For example, a VAR model with two endogenous variables ($K = 2$), two lags ($p = 2$), an exogenous contemporaneous variable ($M = 1$), a constant ($\mathrm{const}$) and a trend ($\mathrm{Trend}_{t}$):
\begin{center}
\scalebox{0.80}{
$
\begin{bmatrix}
y_{1t} \\
y_{2t}
\end{bmatrix}
=
\begin{bmatrix}
a_{11, 1} & a_{12, 1} \\
a_{21, 1} & a_{22, 1}
\end{bmatrix}
\cdot
\begin{bmatrix}
y_{1, t - 1} \\
y_{2, t - 1}
\end{bmatrix}
+
\begin{bmatrix}
a_{11, 2} & a_{12, 2} \\
a_{21, 2} & a_{22, 2}
\end{bmatrix}
\cdot
\begin{bmatrix}
y_{1, t - 2} \\
y_{2, t - 2}
\end{bmatrix}
+
\begin{bmatrix}
b_{11} \\
b_{21}
\end{bmatrix}
\cdot
\begin{bmatrix}
x_{t}
\end{bmatrix}
+
\begin{bmatrix}
c_{11} & c_{12} \\
c_{21} & c_{22}
\end{bmatrix}
\cdot
\begin{bmatrix}
\mathrm{const} \\
\mathrm{Trend}_{t}
\end{bmatrix}
+
\begin{bmatrix}
u_{1t} \\
u_{2t}
\end{bmatrix}
$
}
\end{center}
Visualizing the separate equations:
\begin{center}
$y_{1t} = a_{11, 1} y_{1, t - 1} + a_{12, 1} y_{2, t - 1} + a_{11, 2} y_{1, t - 2} + a_{12, 2} y_{2, t - 2} + b_{11} x_{t} + c_{11} + c_{12} \mathrm{Trend}_{t} + u_{1t}$
$y_{2t} = a_{21, 1} y_{2, t - 1} + a_{22, 1} y_{1, t - 1} + a_{21, 2} y_{2, t - 2} + a_{22, 2} y_{1, t - 2} + b_{21} x_{t} + c_{21} + c_{22} \mathrm{Trend}_{t} + u_{2t}$
\end{center}
If there is an unit root, the determinant is zero for $z = 1$, then some or all variables are integrated and a VAR model is no longer appropiate (is unstable).
\columnbreak
\section*{VECM (Vector Error Correction Model)}
If \textbf{cointegrating relations} are present in a system of variables, the VAR form is not the most convenient. It is better to use a VECM, that is, the levels VAR substracting $y_{t - 1}$ from both sides. The VECM($p - 1$):
\begin{center}
$\Delta y_{t} = \Pi y_{t - 1} + \Gamma_{1} \Delta y_{t - 1} + \cdots + \Gamma_{p - 1} \Delta y_{t - p + 1} + B_{0} x_{t} + \cdots + B_{q} x_{t - q} + CD_{t} + u_{t}$
\end{center}
where:
\begin{itemize}[leftmargin=*]
\item $y_{t}$, $x_{t}$, $D_{t}$ and $u_{t}$ are as specified in VAR.

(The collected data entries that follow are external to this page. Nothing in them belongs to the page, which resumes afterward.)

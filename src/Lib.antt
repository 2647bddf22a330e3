-- ===== src/Lib.antt =====
-- Temenos runs commands in a sandbox for callers that reach it over HTTP. The daemon
-- (internal/daemon) authorizes a request, turns it into mounts and an environment, starts the command
-- as a job and either replies with its output or moves it to the background, where a registry keeps
-- it. The package sandbox reads the configuration and builds what a process may see; internal/auth
-- asks a cluster whose token a request carries; client is the other end of the HTTP interface.
--
-- What stands where:
--   Base            shared types and lemmas: results, byte strings, association lists, sorting, 64-bit
--                   integers (Base/Int: `scale_64` wraps as `time.Duration(n) * unit` does)
--   FilePath        the functions of Go's path/filepath that the program calls, and their laws
--   Sandbox/Mounts  sandbox/sandbox.go: `AddAncestorMounts`
--   Sandbox/Config  sandbox/config.go: `Load` and what it calls, `FilterEnv`, `BaselineMounts`
--   Sandbox/ToolPaths, Sandbox/Environ  sandbox/paths.go, and `buildEnv` of sandbox/sandbox.go
--   Sandbox/Bwrap   sandbox/bwrap.go: the arguments of bubblewrap
--   Sandbox/Seatbelt  sandbox/policy.go: the rules and parameters of seatbelt
--   Sandbox/Cgroup  sandbox/cgroup.go, sandbox/cgroup_k8s.go: the set-up of cgroup v2 (`SetupCgroupV2`)
--   Sandbox/Status  sandbox/status.go, internal/cli/doctor.go: the diagnosis
--   Sandbox/Execution  `New` of sandbox/platform.go and sandbox/platform_darwin.go, `runCmd` of
--                   sandbox/sandbox.go, and the `Exec` of each sandbox with the cgroup of an execution
--   Auth            internal/auth: `ValidateToken`, `IsRequiredSA`, the token cache
--   Daemon/Jobs     internal/daemon/jobs.go: jobs and their registry
--   Daemon/Request, Daemon/Run, Daemon/Http  internal/daemon/handler.go: the checks of a request, the
--                   run handler, the endpoints (Daemon/Http/Router: the routes of
--                   internal/daemon/socket.go and the answer to a request)
--   Daemon/Startup  internal/daemon/daemon.go, internal/daemon/socket.go: addresses, configuration, the
--                   start of the daemon (Daemon/Startup/Service: `Run`, `listenHTTP`)
--   Daemon/Launchd  internal/daemon/launchd.go: the service of launchd
--   Client          client/client.go, and what the commands of internal/cli/job.go print
--                   (Client/Commands)
--   Cli             internal/cli, cmd/temenos/main.go: the commands, their flags and the exit code
--   Examples        concrete runs
--
-- State and concurrency. Jobs live in a heap, and the registry maps identifiers to addresses. What the
-- goroutines and handlers do to jobs are steps between worlds (Daemon/Jobs/Steps) that may follow each
-- other in any order; each write of a job's goroutine, each look at its context and each deferred call
-- is a step of its own. A call of the token cache is one step: between its look and its write no
-- other request acts, and the review and the write have one time. The select loop of the run handler runs along a schedule: each moment says what
-- the other goroutines have done by then, as an arbitrary function on the jobs, and which channel is
-- ready. Where a theorem needs it, these functions leave alone the job that only the handler knows.
--
-- Bounds and fuel. The climb to the root in `AddAncestorMounts` has the length of the source and two
-- more as its fuel, which is enough, since each parent is shorter (FilePath/Shorter,
-- Sandbox/Mounts/Ancestors). The registry's counter wraps at 64 bits; what needs fresh identifiers
-- assumes that it has not wrapped. A number in decimal has one more than itself as its fuel, which is
-- enough (Sandbox/Seatbelt/Keys). The memory limit of a cgroup is a product that wraps at 64 bits.
-- Texts are lists of bytes, times are numbers of nanoseconds.
--
-- Executions. What an execution does to the machine is a list of events, and what the machine answers
-- (processes, the cgroup2 library, the random source) is a parameter, `Machine`. The set-up of cgroups
-- runs over an unknown state of the kernel, `Kernel`; where a theorem needs it, `IsCgroupFs` says what the
-- kernel documents of cgroup v2. A package variable that a `sync.Once` guards is an option.
--
-- Not modelled. The TOML and JSON decoders, the file system, the HTTP transport and the API server are
-- parameters, and so are the choice of a route (chi) and the reading of the command line (cobra). How
-- many operands an option of bubblewrap takes is what its manual says (Sandbox/Bwrap/Operations). The
-- process tracker, which does nothing, is left out, as are log messages everywhere. The embedded
-- templates of seatbelt, which also grant writing to /tmp and to some devices, are a text.
pub mod Base
pub mod FilePath
pub mod Sandbox
pub mod Auth
pub mod Daemon
pub mod Client
pub mod Cli
pub mod Examples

\item $\Pi = - (I_{K} - A_{1} - \cdots - A_{p})$ for $i = 1, \ldots, p - 1$; $\Pi y_{t - 1}$ is referred as the \textbf{long-term} part.
\item $\Gamma_{i} = - (A_{i + 1} + \cdots + A_{p})$ for $i = 1, \ldots, p - 1$ is referred as the \textbf{short-term} parameters.
\item $A_{i}$, $B_{j}$ and $C$ are coefficient matrices of suitable dimensions.
\end{itemize}
If the VAR($p$) process is unstable (there are roots), $\Pi$ can be written as a product of ($K \times r$) matrices $\alpha$ (\textbf{loading matrix}) and $\beta$ (\textbf{cointegration matrix}) with $\rk(\Pi) = \rk(\alpha) = \rk(\beta) = r$ (\textbf{cointegrating rank}) as follows $\Pi = \alpha \beta^{\tr}$.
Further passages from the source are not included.